Reifying problems in our software: a short story

Yet another lesson from a large project with legacy code. Did you happen to see “known issues” in software that you have worked on? And how many times have you seen them “solved” with “quick fixes” or “workarounds”?

Reifying problems in our software: a short story

Intro

Yet another lesson from a large project with legacy code. Did you happen to see “known issues” in software that you have worked on? And how many times have you seen them “solved” with “quick fixes” or “workarounds”?

Sometimes there are errors that are known, and we have to learn to live with them. Why? Maybe because you do not have time to fix them, or you think that they are temporary or not relevant enough, or getting to the root cause would be too difficult! In the meantime, though, you have to keep your system running and making $$$.

A real-life example

We were working in an order import system. The responsibility of this piece of software was to read orders from external marketplaces (like Amazon or eBay) and create records of those orders in our system. This basically meant to incorporate them to the rest of the application flow, and triggering the whole fulfillment process for that order, shipping included.

The first version of this order importing process was too naive and it didn’t have much error handling. Later on, we figured out a lot of the problems that could happen because of that. Some of them would be “solvable” and others wouldn’t (like catalog items out-of-sync).

Approach to solving the problem

The natural approach, and ultimately the one we decided on, was to start fixing the problems right away. Suddenly, the time for putting up a fix for each error or inconsistency was too high because we had to dig into many log events, long stack traces, inconsistent data, and then use those pieces of information to reconstruct in our minds what could have happened. We tried to improve log events and exception reports, but at some point, some of the problems we were having weren’t an exceptional behavior, but rather part of a flawed process.  We had to recognize that even if the results were not always as expected, that was a part of our process, and to get rid of it completely would take a lot of time.
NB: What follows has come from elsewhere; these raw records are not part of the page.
-- ===== src/Config/Line.antt =====
-- src/lib/config_parse.c: a line "name value" gives the option its value.
use freenote_probe.Base.{
  ℕ, ◌<◌, true, false, none, some, [], ◌∷◌, ◌++◌, ◌≡◌, refl, sym, ap, ◌∙◌, arith, All, get_elem?_lt,
}
use freenote_probe.Base.Int.{pos}
use freenote_probe.CString.{Bytes, strchr, isspace}
use freenote_probe.CString.Search.{Lacks, strchr-append, take-sub_length}
use freenote_probe.Options.{Options, returns, ◌>>=◌, matches, is_default_opt, set_opt, load_default}
use freenote_probe.Options.Rows.{Build, cli_opts}
use freenote_probe.Options.Search.{hits_from}
use freenote_probe.Options.Values.{IsTable, setting, set_at, opt_is_valid_at, rows_size}
use freenote_probe.Config.{assign, with_word, with_val, parse_line, split_word, skip_spaces, before}
use freenote_probe.Config.Precedence.{given, value?}

abbrev pub NoSpace : Bytes → Type 0
NoSpace = All (λ c. isspace c ≡ false)

split_word-append :
    (c : ℕ) (w rest : Bytes)
    → NoSpace (c ∷ w)
    → split_word ((c ∷ w) ++ b' ' ∷ rest) ≡ returns (some (c ∷ w, b' ' ∷ rest))
unfolding split_word
split_word-append c [] [] (hc, h) = rw hc (unfold isspace in refl)
split_word-append c [] (d ∷ rest) (hc, h) = rw hc (unfold isspace in refl)
split_word-append c (d ∷ w) rest (hc, h) = rw (hc, split_word-append d w rest h) refl

skip_spaces_none : (c : ℕ) (s : Bytes) → isspace c ≡ false → skip_spaces (c ∷ s) ≡ some (c ∷ s)
unfolding skip_spaces
skip_spaces_none c [] h = rw h
skip_spaces_none c (d ∷ s) h = rw h

is_default_at :
    (build : Build) (o : Options) (opt : Bytes) (k : ℕ)
    → IsTable build o
    → hits_from (matches opt) 0 (cli_opts build) ≡ k ∷ []
    → k < 20
    → given o.rows k ≡ none
    → is_default_opt o opt ≡ returns (true, record o { valid_cursor = k })
unfolding is_default_opt
is_default_at build o opt k h only small fresh =
    let (r, slot) = get_elem?_lt o.rows k (omega (arith, rows_size build o h)) in
    let empty : r.value ≡ none = sym (ap value? slot) ∙ fresh in
    ap (load_default o.rows) (opt_is_valid_at build o opt k h only) ∙ rw (slot, empty) refl

-- A line that names an option of the table, with one space and a value behind it, is read without
-- an error, and sets an option that was given no value and was not read from a file before.
-- The value begins with no space and the line has no line break before its end.
pub parse_line_sets :
    (build : Build) (o : Options) (n c : ℕ) (name value rest : Bytes) (k : ℕ)
    → IsTable build o
    → hits_from (matches (n ∷ name)) 0 (cli_opts build) ≡ k ∷ []
    → k < 20
    → NoSpace (n ∷ name)
    → isspace c ≡ false
    → Lacks 10 ((n ∷ name) ++ b' ' ∷ c ∷ value)
    → given o.rows k ≡ none
    → (o2 : Options) × (parse_line false o (((n ∷ name) ++ b' ' ∷ c ∷ value) ++ 10 ∷ rest)
        ≡ returns (pos 0, o2))
      × IsTable build o2
      × (setting o2 k ≡ some (c ∷ value))
unfolding parse_line
parse_line_sets build o n c name value rest k h only small word first line fresh =
    let (o2, done, table, value_is, others) =
      set_at build (record o { valid_cursor = k }) opt val k moved_table only small in
    (
      o2,
      ap (λ m. m >>= with_word false o) parts ∙ skip_spaces_only ∙ assigned o2 done,
      table,
      value_is,
    )
  where
    opt : Bytes
    opt = n ∷ name

    val : Bytes
    val = c ∷ value

    moved_table : IsTable build (record o { valid_cursor = k })
    moved_table = record { keys = h.keys; int_bound = h.int_bound; valid_bound = omega arith }

    cut :
        before ((opt ++ b' ' ∷ val) ++ 10 ∷ rest) (strchr ((opt ++ b' ' ∷ val) ++ 10 ∷ rest) 10)
        ≡ opt ++ b' ' ∷ val
    cut =
        ap (before ((opt ++ b' ' ∷ val) ++ 10 ∷ rest))
          (strchr-append (opt ++ b' ' ∷ val) rest 10 line)
        ∙ take-sub_length (opt ++ b' ' ∷ val) (10 ∷ rest)

    parts :
        split_word
          (before ((opt ++ b' ' ∷ val) ++ 10 ∷ rest) (strchr ((opt ++ b' ' ∷ val) ++ 10 ∷ rest) 10))
        ≡ returns (some (opt, b' ' ∷ val))
    parts = ap split_word cut ∙ split_word-append n name val word

    skip_spaces_only : with_word false o (some (opt, b' ' ∷ val)) ≡ assign false o opt val
    skip_spaces_only = ap (with_val false o opt) (skip_spaces_none c value first)

    assigned :
        (o2 : Options)
        → set_opt (record o { valid_cursor = k }) opt val ≡ returns o2
        → assign false o opt val ≡ returns (pos 0, o2)
    assigned o2 done =
        unfold assign in rw (is_default_at build o opt k h only small fresh, done) refl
So we realized that, if we wanted to continue with this process, and these ‘problems’ were going to be a natural part of it, we had to introduce a new concept into our model that would let us work with them. And this new concept should enable us to detect whether or not we were having a problem of a particular sort, record it, and treat it somehow.That’s when the concept of an “unfulfillable order” appeared (we called it UFO :-)). Was it something that we knew from the beginning? No. Was it something that would have existed if we had made a better order importer system from the beginning? Probably not! But given the situation at that time, we had to do something about it. So we acknowledged the problem had its own “entity” and it had to be modeled just like any other concept in the domain was.

Starting to see some benefits

After building the unfulfillable order model, our code became much simpler because every incoming order started falling into one of these buckets:

  • Successful orders
  • Unfulfillable orders

That gave us a lot of visibility because now we could count those orders, group them by day and/or marketplace, and analyze patterns among the product data attached to them (this was actually helpful to identify errors associated with some particular products or shipping countries).

Also, we built some metrics and alerts associated with those records… so, for instance, if the UFO percentage exceeded the 5% threshold, it required our attention.

We spent less than a week building the UFO table plus the logic to create those records, and then we were able to quickly identify and fix related bugs. Without this tracking data, it would have been impossible to analyze the impact of each bug, but now we could be sure that our focus was on the most critical ones.

Having done this, we started to work on reducing the number of UFOs by making our order importer more fault tolerant (actually what we all wanted from the very beginning!). We took this very seriously and we created a cheer for ending each daily standup meeting (“UFOs to Zero!” with a clap at the end). Although it sounds silly, it really helped us to keep focused on the goal!

Conclusions

  • Software should always reflect reality. Sometimes problems get so much presence and they become part of the system itself. But we can build logic to auto-recover from those problems and learn from them.
  • If we have well-known problems in our system, and we can identify them, it’s beneficial to leave track of them in the code. A comment, a log message, a record on a database, something to give “entity” to that problem, so you can see it, allowing yourself to leave aside the idealistic vision of “I shouldn’t build software to track the errors we have, I’d rather fix them”.
  • As software evolves and you find out the root cause of the problem, you can remove those lines of code and other pieces of software related to it (once you are sure the problem is fixed). As one would do on a regular refactor
  • It is useful to track the problems in the project history, including when something started to fail, when the failure was identified, for how long it lived in the system, and when we got rid of it.